You can check in the logs to see if the node performs a fast restart (also referred to as WARM restart) for a namespace.

INFO (namespace): (namespace_ee.c:361) {test} beginning warm restart

When does fast restart NOT happen?

There are some situations in which a server node will try to fast restart but determines that it cannot do so, and will switch to a “cold restart”, where all the record data is read from storage drives to rebuild the index:

  • The namespace is configured as "data-in-memory". Since record data is not stored in system shared memory, all record data must be read to restore the data to memory. As of Enterprise Edition version 3.15.1.3, though, the index is not rebuilt, avoiding cases of deleted records being restored from storage in such cases (records not durably deleted while the node was not in the cluster would be brought back).
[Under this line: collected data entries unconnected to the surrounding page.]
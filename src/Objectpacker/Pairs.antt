-- ===== src/Objectpacker/Pairs.antt =====
-- The parts of `packValue` of objectpacker/objectpacker.go on writers that do not fail: pairs, their
-- sort, and the bytes of a list and of a map.
use icinga_go_library.Prelude.{
  ℕ, Bool, true, false, ◌&&◌, ◌≡◌, refl, ap, ◌∙◌, Option, none, some, List, [], ◌∷◌, ◌++◌,
  append-nil, length, Bool-cases, inl, inr,
}
use icinga_go_library.Objectpacker.Value.{Bytes}
use icinga_go_library.Objectpacker.Writer.{Writer, Action, ◌>>◌, put, big_endian}
use icinga_go_library.Objectpacker.Emit.{IsTotal, then_bytes, emit, emit-emit, done-emit, two-emit}
use icinga_go_library.Objectpacker.Sort.{sort_keys, insert_key, less}
use icinga_go_library.Objectpacker.Pack.{put_pairs, put_sorted, add_pair}
use icinga_go_library.Objectpacker.Tree.{
  Tree, Trees, Fields, encode, encode_trees, encode_fields, option_map, require, fields_of,
  sorted_fields, count_trees, count_fields,
}

pub map_second {ℓ κ} : {A : Type ℓ} {B : Type κ} → (A → B) → List (Bytes × A) → List (Bytes × B)
map_second f [] = []
map_second f ((k, a) ∷ l) = (k, f a) ∷ map_second f l

module _ {ℓ κ} {A : Type ℓ} {B : Type κ} (f : A → B) where
  insert_key-map_second :
      (k : Bytes) (a : A) (l : List (Bytes × A))
      → insert_key (k, f a) (map_second f l) ≡ map_second f (insert_key (k, a) l)
  unfolding insert_key map_second
  insert_key-map_second k a [] = refl
  insert_key-map_second k a ((j, b) ∷ l) = elim (Bool-cases (less j k)) [
    | inl e ↦ rw e (ap (λ m. (j, f b) ∷ m) (insert_key-map_second k a l))
    | inr e ↦ rw e
  ]

  sort_keys-map_second :
      (l : List (Bytes × A)) → sort_keys (map_second f l) ≡ map_second f (sort_keys l)
  unfolding map_second sort_keys
  sort_keys-map_second [] = refl
  sort_keys-map_second ((k, a) ∷ l) =
      ap (insert_key (k, f a)) (sort_keys-map_second l) ∙ insert_key-map_second k a (sort_keys l)

module _ (w : Writer) (t : IsTotal w) where
  abbrev pub emit_tree : Option Tree → Action w
  emit_tree o = emit w (option_map encode o)

  option_map-pair :
      (k : Bytes) (v : Tree) (o : Option Fields)
      → option_map
          (λ p. big_endian (length k) ++ (k ++ p))
          (then_bytes (some (encode v)) (option_map encode_fields o))
        ≡ option_map encode_fields (option_map (Fields.field k v) o)
  unfolding encode_fields
  option_map-pair k v none = refl
  option_map-pair k v (some fs) = refl

  put_pairs-emit :
      (l : List (Bytes × Option Tree))
      → put_pairs w (map_second emit_tree l) ≡ emit w (option_map encode_fields (fields_of l))
  unfolding put_pairs map_second fields_of encode_fields
  put_pairs-emit [] = done-emit w t
  put_pairs-emit ((k, none) ∷ l) =
      ap (λ (b : Action w). put w (big_endian (length k)) >> (put w k >> (emit w none >> b)))
        (put_pairs-emit l)
      ∙ (ap (λ (b : Action w). put w (big_endian (length k)) >> (put w k >> b))
            (emit-emit w t none (option_map encode_fields (fields_of l)))
          ∙ two-emit w t (big_endian (length k)) k none)
  put_pairs-emit ((k, some v) ∷ l) =
      ap
        (λ (b : Action w).
          put w (big_endian (length k)) >> (put w k >> (emit w (some (encode v)) >> b)))
        (put_pairs-emit l)
      ∙ (ap (λ (b : Action w). put w (big_endian (length k)) >> (put w k >> b))
            (emit-emit w t (some (encode v)) (option_map encode_fields (fields_of l)))
          ∙ (two-emit w t (big_endian (length k)) k
                (then_bytes (some (encode v)) (option_map encode_fields (fields_of l)))
              ∙ ap (emit w) (option_map-pair k v (fields_of l))))

  abbrev pub emit_pairs : Option (List (Bytes × Option Tree)) → Option (List (Bytes × Action w))
  emit_pairs o = option_map (map_second emit_tree) o

  pub end-emit : ◌≡◌ {A = Option (List (Bytes × Action w))} (some []) (emit_pairs (some []))
  unfolding map_second
  end-emit = refl

  pub put_sorted-emit :
      (o : Option (List (Bytes × Option Tree)))
      → put_sorted w (emit_pairs o) ≡ emit w (option_map encode_fields (sorted_fields o))
  unfolding put_sorted sorted_fields emit
  put_sorted-emit none = refl
  put_sorted-emit (some l) =
      ap (put_pairs w) (sort_keys-map_second emit_tree l) ∙ put_pairs-emit (sort_keys l)

  pub add_pair-emit :
      (k : Option Bytes) (o : Option Tree) (l : Option (List (Bytes × Option Tree)))
      → add_pair k (emit_tree o) (emit_pairs l) ≡ emit_pairs (add_pair k o l)
  unfolding map_second
  add_pair-emit none o l = refl
  add_pair-emit (some k) o none = refl
  add_pair-emit (some k) o (some l) = refl

  pub sequence_bytes :
      (n : ℕ) (o : Option Trees) (z : Bool)
      → ((ts : Trees) → o ≡ some ts → count_trees ts ≡ n)
      → option_map
          (λ p. (5 ∷ []) ++ (big_endian n ++ p))
          (then_bytes (option_map encode_trees o) (require z (some [])))
        ≡ option_map encode (require z (option_map Tree.sequence o))
  unfolding encode
  sequence_bytes n none true h = refl
  sequence_bytes n none false h = refl
  sequence_bytes n (some ts) false h = refl
  sequence_bytes n (some ts) true h = simp (append-nil, h ts refl)

  pub object_bytes :
      (n : ℕ) (o : Option Fields) (y z : Bool)
      → ((fs : Fields) → o ≡ some fs → count_fields fs ≡ n)
      → option_map
          (λ p. (6 ∷ []) ++ (big_endian n ++ p))
          (then_bytes
            (option_map encode_fields o)
            (then_bytes (require y (some [])) (require z (some []))))
        ≡ option_map encode (require (y && z) (option_map Tree.object o))
  unfolding encode
  object_bytes n none true true h = refl
  object_bytes n none true false h = refl
  object_bytes n none false z h = refl
  object_bytes n (some fs) true true h = simp (append-nil, h fs refl)
  object_bytes n (some fs) true false h = refl
  object_bytes n (some fs) false z h = refl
    With data-in-memory true, on server versions prior to 3.15.1.3,

    INFO (namespace): (namespace_ee.c:162) {test} can't warm restart if data-in-memory
    INFO (namespace): (namespace_ee.c:243) {test} beginning COLD start

    As of server version 3.15.1.3 and later,

    INFO (namespace): (namespace_ee.c:360) {test} beginning cool restart
  • Changing the value of partition-tree-sprigs. e.g. original value of 512 was changed to 1024:

    WARNING (namespace): (namespace_ee.c:495) {nsSSD} persistent memory partition-tree-sprigs 512 doesn't match config 1024
  • The storage drives were wiped clean while the server node was down. Very occasionally this is done, e.g. when repairing a drive with physical failures. Obviously if the record data was erased, the persisted index isn’t valid. Fortunately "cold restart" will be fast in this case — since there’s no data to read!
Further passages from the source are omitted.